──────── DATASET RECORDS ────────

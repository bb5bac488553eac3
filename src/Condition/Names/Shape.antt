-- ===== src/Condition/Names/Shape.antt =====
-- impl/lnpl/condition.py: what the characters of a reference name are.
use linkly.Base.{
  ℕ, ◌≡◌, refl, Bool, true, false, not, List, [], ◌∷◌, ◌==◌, all, arith, Bool-cases, inl, inr,
  &&_left, &&_right, &&_intro,
}
use linkly.Base.Text.{Text, is_lower, is_alnum, is_space, is_in}
use linkly.Base.Words.{is_word}
use linkly.Condition.Names.{is_camel_name, put_front, split_on, no_references, is_reference_name}

abbrev pub no_space : ℕ → Bool
no_space c = not (is_space c)

alnum_no_space : (c : ℕ) → is_alnum c ≡ true → no_space c ≡ true
unfolding is_alnum is_space
alnum_no_space c h = ground arith

camel_alnum : (s : Text) → is_camel_name s ≡ true → all is_alnum s ≡ true
unfolding is_camel_name
camel_alnum [] h = refl
camel_alnum (c ∷ s) h = &&_right (is_lower c) _ h

all-camel_alnum :
    (ws : List Text) → all is_camel_name ws ≡ true → all (λ (w : Text). all is_alnum w) ws ≡ true
all-camel_alnum [] h = refl
all-camel_alnum (w ∷ ws) h =
    &&_intro _ _ (camel_alnum w (&&_left (is_camel_name w) _ h))
      (all-camel_alnum ws (&&_right (is_camel_name w) _ h))

put_front_alnum :
    (c : ℕ) (ws : List Text)
    → all (λ (w : Text). all is_alnum w) (put_front c ws) ≡ true
    → (is_alnum c ≡ true) × (all (λ (w : Text). all is_alnum w) ws ≡ true)
put_front_alnum c [] h = ground arith
put_front_alnum c (w ∷ ws) h = ground arith

split_on-no_space :
    (s : Text) → all (λ (w : Text). all is_alnum w) (split_on b'.' s) ≡ true → all no_space s ≡ true
unfolding split_on
split_on-no_space [] h = refl
split_on-no_space (c ∷ s) h = elim (Bool-cases (c == b'.')) [
  | inl dot ↦
      &&_intro (no_space c) _ (unfold is_space in ground arith)
        (split_on-no_space s (rw (dot, split_on) at h))
  | inr other ↦
      let (first, rest) = put_front_alnum c _ (rw (other, split_on) at h) in
      &&_intro (no_space c) _ (alnum_no_space c first) (split_on-no_space s rest)
]

camel_starts :
    (c : ℕ) (ws : List Text) → all is_camel_name (put_front c ws) ≡ true → is_lower c ≡ true
unfolding is_camel_name
camel_starts c [] h = ground arith
camel_starts c (w ∷ ws) h = ground arith

module _ (s : Text) (named : is_reference_name s ≡ true) where
  pub not_in_no_references : is_in s no_references ≡ false
  unfolding is_reference_name
  not_in_no_references = ground arith

  all-segments : all is_camel_name (split_on b'.' s) ≡ true
  unfolding is_reference_name
  all-segments = ground arith

  pub reference_no_space : all no_space s ≡ true
  reference_no_space = split_on-no_space s (all-camel_alnum _ all-segments)

pub not_empty_reference : is_reference_name [] ≡ false
unfolding is_reference_name
not_empty_reference = refl

-- A reference name begins with a lower-case letter.
pub reference_starts : (c : ℕ) (s : Text) → is_reference_name (c ∷ s) ≡ true → is_lower c ≡ true
unfolding split_on
reference_starts c s h = elim (Bool-cases (c == b'.')) [
  | inl dot ↦ unfold is_camel_name in cc (rw (dot, split_on) at (all-segments (c ∷ s) h))
  | inr other ↦ camel_starts c _ (rw (other, split_on) at (all-segments (c ∷ s) h))
]

pub reference-is_word : (s : Text) → is_reference_name s ≡ true → is_word s ≡ true
reference-is_word [] h = cc not_empty_reference
reference-is_word (c ∷ s) h = reference_no_space (c ∷ s) h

────────

• [DESCRIPTION OF THE TASK]
The answer should be a single number: how many lines in the records contain "ground".

• [RESPONSE BELOW]
8